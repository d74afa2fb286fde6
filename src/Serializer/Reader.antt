-- ===== src/Serializer/Reader.antt =====
-- src/Serializer.cpp, the cursor over received bytes and the reader of values.
-- A `Reader` is the list of the bytes that remain. Each function gives what it reads and the rest.
use my_rpc_project.Base.{
  ℕ, zero, suc, ◌+◌, ◌*◌, ◌/◌, ◌%◌, ◌^◌, true, false, not, List, [], ◌∷◌, length, get_elem?, Option,
  none, some, take, drop, ltb, leb, ◌==◌, if◌then◌else◌,
}
use my_rpc_project.Serializer.{
  Value, bool, int64, uint64, double, string, array, structure, Elements, no_elements, element,
  Entries, no_entries, entry, Fields, no_fields, field, zigzag_decode,
}

-- How a read ends. `exhausted` is the model's: no fuel is left.
pub data Read {ℓ} (A : Type ℓ) : Type ℓ where
  exhausted : Read A
  malformed : Read A
  gives : A → Read A

-- The next read, or the early return.
abbrev pub after {ℓ κ} : {A : Type ℓ} {B : Type κ} → Read A → (A → Read B) → Read B
after exhausted k = exhausted
after malformed k = malformed
after (gives a) k = k a

abbrev pub read_byte : List ℕ → Read (ℕ × List ℕ)
read_byte [] = malformed
read_byte (b ∷ bs) = gives (b, bs)

abbrev pub read_bytes : ℕ → List ℕ → Read (List ℕ × List ℕ)
read_bytes len bs = if ltb (length bs) len then malformed else gives (take len bs, drop len bs)

-- The loop of `readVarint`, with the rounds that are left. The bits that `|=` adds are above those
-- of `value`, so it is a sum; what `<<` shifts out of 64 bits is lost.
unfoldable pub read_varint_loop : ℕ → ℕ → ℕ → List ℕ → Read (ℕ × List ℕ)
read_varint_loop zero value shift bs = malformed
read_varint_loop (suc rounds) value shift [] = malformed
read_varint_loop (suc rounds) value shift (b ∷ bs) =
    let sum = value + b % 128 * 2 ^ shift % 2 ^ 64 in
    elim (leb 128 b) [ true ↦ read_varint_loop rounds sum (shift + 7) bs | false ↦ gives (sum, bs) ]

unfoldable pub read_varint : List ℕ → Read (ℕ × List ℕ)
unfolding read_varint_loop
read_varint bs = read_varint_loop 10 0 0 bs

unfoldable pub read_length_delimited : List ℕ → Read (List ℕ × List ℕ)
read_length_delimited bs = after (read_varint bs) λ (r : ℕ × List ℕ). read_bytes r.0 r.1

-- The `memcpy` of 8 bytes into a number, lowest first.
unfoldable pub load_bits : List ℕ → ℕ
load_bits [] = 0
load_bits (b ∷ bs) = b + load_bits bs * 256

-- A payload that is read by a loop over its own cursor.
unfoldable pub nested :
    {A : Type 0} → (List ℕ → Read A) → (A → Value) → List ℕ → Read (Value × List ℕ)
unfolding read_length_delimited
nested loop make bs =
    after (read_length_delimited bs)
      λ (r : List ℕ × List ℕ). after (loop r.0) λ (a : _). gives (make a, r.1)

-- The enumerators of `Type`, and the cast of a byte to it.
pub data Kind : Type 0 where
  is_null is_bool is_int64 is_uint64 is_double is_string is_array is_map is_struct : Kind

abbrev pub kinds : List Kind
kinds =
    is_null ∷ is_bool ∷ is_int64 ∷ is_uint64 ∷ is_double ∷ is_string ∷ is_array ∷ is_map ∷ is_struct
    ∷ []

-- The `switch` of `readTyped`; the loops that it calls are arguments.
unfoldable pub read_payload :
    (List ℕ → Read Elements)
    → (List ℕ → Read Entries)
    → (List ℕ → Read Fields)
    → Option Kind
    → List ℕ
    → Read (Value × List ℕ)
read_payload elements entries fields kind bs = elim kind [
  | some is_null ↦ gives (Value.null, bs)
  | some is_bool ↦ after (read_byte bs) λ (r : ℕ × List ℕ). gives (bool (not (r.0 == 0)), r.1)
  | some is_int64 ↦
      after (read_varint bs) λ (r : ℕ × List ℕ). gives (int64 (zigzag_decode r.0), r.1)
  | some is_uint64 ↦ after (read_varint bs) λ (r : ℕ × List ℕ). gives (uint64 r.0, r.1)
  | some is_double ↦
      after (read_bytes 8 bs) λ (r : List ℕ × List ℕ). gives (double (load_bits r.0), r.1)
  | some is_string ↦
      after (read_length_delimited bs) λ (r : List ℕ × List ℕ). gives (string r.0, r.1)
  | some is_array ↦ nested elements array bs
  | some is_map ↦ nested entries Value.map bs
  | some is_struct ↦ nested fields structure bs
  | none ↦ malformed
]

-- The key of an entry, if the value read for it is a string.
unfoldable pub key_of : Value → Read (List ℕ)
key_of (string s) = gives s
key_of _ = malformed

-- Every call takes one unit of fuel.
unfoldable mutual
  pub read_typed : ℕ → List ℕ → Read (Value × List ℕ)
  read_typed zero bs = exhausted
  read_typed (suc fuel) bs = after (read_byte bs) λ (r : ℕ × List ℕ).
      read_payload (read_elements fuel) (read_entries fuel) (read_fields fuel) (get_elem? kinds r.0)
        r.1

  pub read_elements : ℕ → List ℕ → Read Elements
  read_elements zero bs = exhausted
  read_elements (suc fuel) [] = gives no_elements
  read_elements (suc fuel) (b ∷ bs) = after (read_typed fuel (b ∷ bs)) λ (r : Value × List ℕ).
      after (read_elements fuel r.1) λ (es : Elements). gives (element r.0 es)

  pub read_entries : ℕ → List ℕ → Read Entries
  read_entries zero bs = exhausted
  read_entries (suc fuel) [] = gives no_entries
  read_entries (suc fuel) (b ∷ bs) = after (read_typed fuel (b ∷ bs)) λ (k : Value × List ℕ).
      after (read_typed fuel k.1) λ (r : Value × List ℕ).
        after (key_of k.0)
          λ (key : List ℕ). after (read_entries fuel r.1) λ (es : Entries). gives (entry key r.0 es)

  -- The field number is `tag >> 3`, as a uint32_t.
  pub read_fields : ℕ → List ℕ → Read Fields
  read_fields zero bs = exhausted
  read_fields (suc fuel) [] = gives no_fields
  read_fields (suc fuel) (b ∷ bs) = after (read_varint (b ∷ bs)) λ (t : ℕ × List ℕ).
      after (read_typed fuel t.1) λ (r : Value × List ℕ).
        after (read_fields fuel r.1) λ (fs : Fields). gives (field (t.0 / 8 % 2 ^ 32) r.0 fs)

-- `Serializer::decode`.
unfoldable pub decode : List ℕ → Read Value
decode bs = after (read_fields (length bs * 2 + 2) bs) λ (fs : Fields). gives (structure fs)
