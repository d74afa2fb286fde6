-- ===== src/RpcServer.antt =====
-- include/RpcServer.h and src/RpcServer.cpp, with include/Router.h and include/ConcurrencyLimiter.h.
-- A connection and a handler are numbers. A handler that has been called stays in `running` until it
-- calls its `done`. Metrics, spans and the log are left out.
pub mod Events
pub mod Counts
pub mod Answers
mod Tests
use my_rpc_project.Base.{
  ℕ, zero, suc, ◌+◌, ◌-◌, ◌%◌, ◌^◌, Bool, true, false, not, ◌&&◌, ◌||◌, List, [], ◌∷◌, ◌++◌, Option,
  none, some, length, ltb, leb, ◌==◌, if◌then◌else◌,
}
use my_rpc_project.Protocol.{
  RpcHeader, Status, status_code, method_id_of, k_msg_request, k_msg_response, k_msg_oneway,
  k_msg_heartbeat, k_msg_heartbeat_ack,
}
use my_rpc_project.Framer.{Message}
use my_rpc_project.Serializer.{Value, null, encode}
use my_rpc_project.Serializer.Reader.{Read, exhausted, malformed, gives, decode}

-- `unordered_map`s are functions.
pub record Router : Type 0 where
  pub handlers : ℕ → Option ℕ
  pub names : ℕ → Option (List ℕ)

-- `service + "." + method`.
abbrev pub method_key : List ℕ → List ℕ → List ℕ
method_key service method = service ++ (46 ∷ method)

unfoldable pub register_method : Router → List ℕ → List ℕ → ℕ → Router
register_method r service method handler =
    let key = method_key service method in
    let id = method_id_of key in
    record {
      handlers = λ i. if i == id then some handler else r.handlers i;
      names = λ i. if i == id then some key else r.names i;
    }

-- `find`.
unfoldable pub find_method : Router → ℕ → Option ℕ
find_method r id = r.handlers id

unfoldable pub method_name : Router → ℕ → List ℕ
method_name r id = elim (r.names id) [ none ↦ [] | some name ↦ name ]

-- The semaphore; each exchange succeeds in the end, so an operation is one step.
pub record ConcurrencyLimiter : Type 0 where
  pub max : ℕ
  pub current : ℕ

unfoldable pub try_acquire : ConcurrencyLimiter → Bool × ConcurrencyLimiter
try_acquire l =
    if l.max == 0
    then (true, l)
    else if ltb l.current l.max
    then (true, record l { current = l.current + 1 })
    else (false, l)

-- `fetch_sub` on a size_t.
unfoldable pub release : ConcurrencyLimiter → ConcurrencyLimiter
release l = record l { current = (l.current + 2 ^ 64 - 1) % 2 ^ 64 }

-- A `RequestContext`, with the connection and the handler.
pub record RequestContext : Type 0 where
  pub conn : ℕ
  pub header : RpcHeader
  pub trace_id : ℕ
  pub start : ℕ
  pub handler : ℕ
  pub request : Value

-- A message on its connection: received by a task, or sent.
pub record Delivery : Type 0 where
  pub conn : ℕ
  pub message : Message

pub record RpcServer : Type 0 where
  pub router : Router
  pub limiter : Option ConcurrencyLimiter
  pub stopping : Bool
  pub inflight : ℕ
  pub tasks : List Delivery
  pub running : List RequestContext
  pub sent : List Delivery

-- A server with no method, as its constructor leaves it.
abbrev pub idle_server : RpcServer
idle_server = record {
  router = record { handlers = λ i. none; names = λ i. none };
  limiter = none;
  stopping = false;
  inflight = 0;
  tasks = [];
  running = [];
  sent = [];
}

-- `setMaxConcurrency`.
unfoldable pub set_max_concurrency : RpcServer → ℕ → RpcServer
set_max_concurrency s n = record s { limiter = some (record { max = n; current = 0 }) }

unfoldable pub release_slot : RpcServer → RpcServer
release_slot s = record s {
  limiter = elim s.limiter [ none ↦ none | some l ↦ some (release l) ];
  inflight = s.inflight - 1;
}

-- `conn->sendMessage`.
abbrev pub send_message : RpcServer → ℕ → Message → RpcServer
send_message s conn m = record s { sent = s.sent ++ (record { conn = conn; message = m } ∷ []) }

-- The header of an answer.
abbrev pub answer_header : RpcHeader → ℕ → Status → RpcHeader
answer_header h trace_id status = record h {
  trace_id = trace_id;
  msg_type = k_msg_response;
  status = status_code status;
}

unfoldable pub send_response : RpcServer → ℕ → RpcHeader → ℕ → Status → RpcServer
send_response s conn h trace_id status =
    if h.msg_type == k_msg_oneway
    then s
    else send_message s conn (record { header = answer_header h trace_id status; body = [] })

unfoldable pub on_message : RpcServer → ℕ → Message → RpcServer
unfolding send_response
on_message s conn req =
    if req.header.msg_type == k_msg_heartbeat
    then send_message s conn
        (record { header = record req.header { msg_type = k_msg_heartbeat_ack }; body = [] })
    else if req.header.msg_type == k_msg_request || req.header.msg_type == k_msg_oneway
    then (if s.stopping
        then send_response s conn req.header 0 Status.shutting_down
        else record s { tasks = s.tasks ++ (record { conn = conn; message = req } ∷ []) })
    else s

-- The limiter's answer to a new request, if there is a limiter.
unfoldable pub admit : Option ConcurrencyLimiter → Bool × Option ConcurrencyLimiter
unfolding try_acquire
admit none = (true, none)
admit (some l) = let (ok, m) = try_acquire l in (ok, some m)

-- The request, out of a body that may be empty.
unfoldable pub request_of : List ℕ → Read Value
request_of [] = gives Value.null
request_of (b ∷ bs) = decode (b ∷ bs)

-- `handleRequest` once a slot has been taken.
unfoldable pub start_request : RpcServer → Delivery → ℕ → ℕ → RpcServer
unfolding send_response release_slot request_of
start_request s d trace_id now = elim (request_of d.message.body) [
  | gives request ↦ elim (find_method s.router d.message.header.method_id) [
    | none ↦ send_response (release_slot s) d.conn d.message.header trace_id Status.method_not_found
    | some handler ↦ record s {
      running =
          s.running
          ++ (record {
            conn = d.conn;
            header = d.message.header;
            trace_id = trace_id;
            start = now;
            handler = handler;
            request = request;
          }
              ∷ []);
    }
  ]
  | _ ↦ send_response (release_slot s) d.conn d.message.header trace_id Status.serialization_error
]

-- `fresh` is the id that `generateTraceId()` gives.
unfoldable pub handle_request : RpcServer → Delivery → ℕ → ℕ → RpcServer
unfolding send_response
handle_request s d fresh now =
    let h = d.message.header in
    let trace_id = if h.trace_id == 0 then fresh else h.trace_id in
    if s.stopping
    then send_response s d.conn h trace_id Status.shutting_down
    else let (ok, limiter) = admit s.limiter in
      if ok
      then start_request (record s { limiter = limiter; inflight = s.inflight + 1 }) d trace_id now
      else send_response s d.conn h trace_id Status.concurrency_limited

-- The status that is answered when a handler is done.
abbrev pub final_status : RpcHeader → ℕ → Status → Status
final_status h latency_ms status =
    if ltb 0 h.timeout_ms && leb h.timeout_ms latency_ms then Status.deadline_exceeded else status

-- The `done` of a handler, on a connection that lives or not.
unfoldable pub on_done : RpcServer → RequestContext → Status → Value → ℕ → Bool → RpcServer
unfolding release_slot
on_done s ctx status response now alive =
    let final = final_status ctx.header (now - ctx.start) status in
    let t = release_slot s in
    if ctx.header.msg_type == k_msg_oneway
    then t
    else if alive
    then send_message t ctx.conn (record {
      header = answer_header ctx.header ctx.trace_id final;
      body = if status_code final == 0 then encode response else [];
    })
    else t

-- The first phase of `stopGracefully`.
unfoldable pub begin_stop : RpcServer → RpcServer
begin_stop s = record s { stopping = true }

____

• [How to complete this task]
Please copy, exactly as written, every line in the listing above from the line with "unfoldable pub decode : List ℕ → Read Value" up to and including the line with "abbrev pub method_key".

• [Solution to the exercise]
unfoldable pub decode : List ℕ → Read Value
decode bs = after (read_fields (length bs * 2 + 2) bs) λ (fs : Fields). gives (structure fs)
repository d74afa2fb286fde6
-- ===== src/RpcServer.antt =====
-- include/RpcServer.h and src/RpcServer.cpp, with include/Router.h and include/ConcurrencyLimiter.h.
-- A connection and a handler are numbers. A handler that has been called stays in `running` until it
-- calls its `done`. Metrics, spans and the log are left out.
pub mod Events
pub mod Counts
pub mod Answers
mod Tests
use my_rpc_project.Base.{
  ℕ, zero, suc, ◌+◌, ◌-◌, ◌%◌, ◌^◌, Bool, true, false, not, ◌&&◌, ◌||◌, List, [], ◌∷◌, ◌++◌, Option,
  none, some, length, ltb, leb, ◌==◌, if◌then◌else◌,
}
use my_rpc_project.Protocol.{
  RpcHeader, Status, status_code, method_id_of, k_msg_request, k_msg_response, k_msg_oneway,
  k_msg_heartbeat, k_msg_heartbeat_ack,
}
use my_rpc_project.Framer.{Message}
use my_rpc_project.Serializer.{Value, null, encode}
use my_rpc_project.Serializer.Reader.{Read, exhausted, malformed, gives, decode}

-- `unordered_map`s are functions.
pub record Router : Type 0 where
  pub handlers : ℕ → Option ℕ
  pub names : ℕ → Option (List ℕ)

-- `service + "." + method`.
abbrev pub method_key : List ℕ → List ℕ → List ℕ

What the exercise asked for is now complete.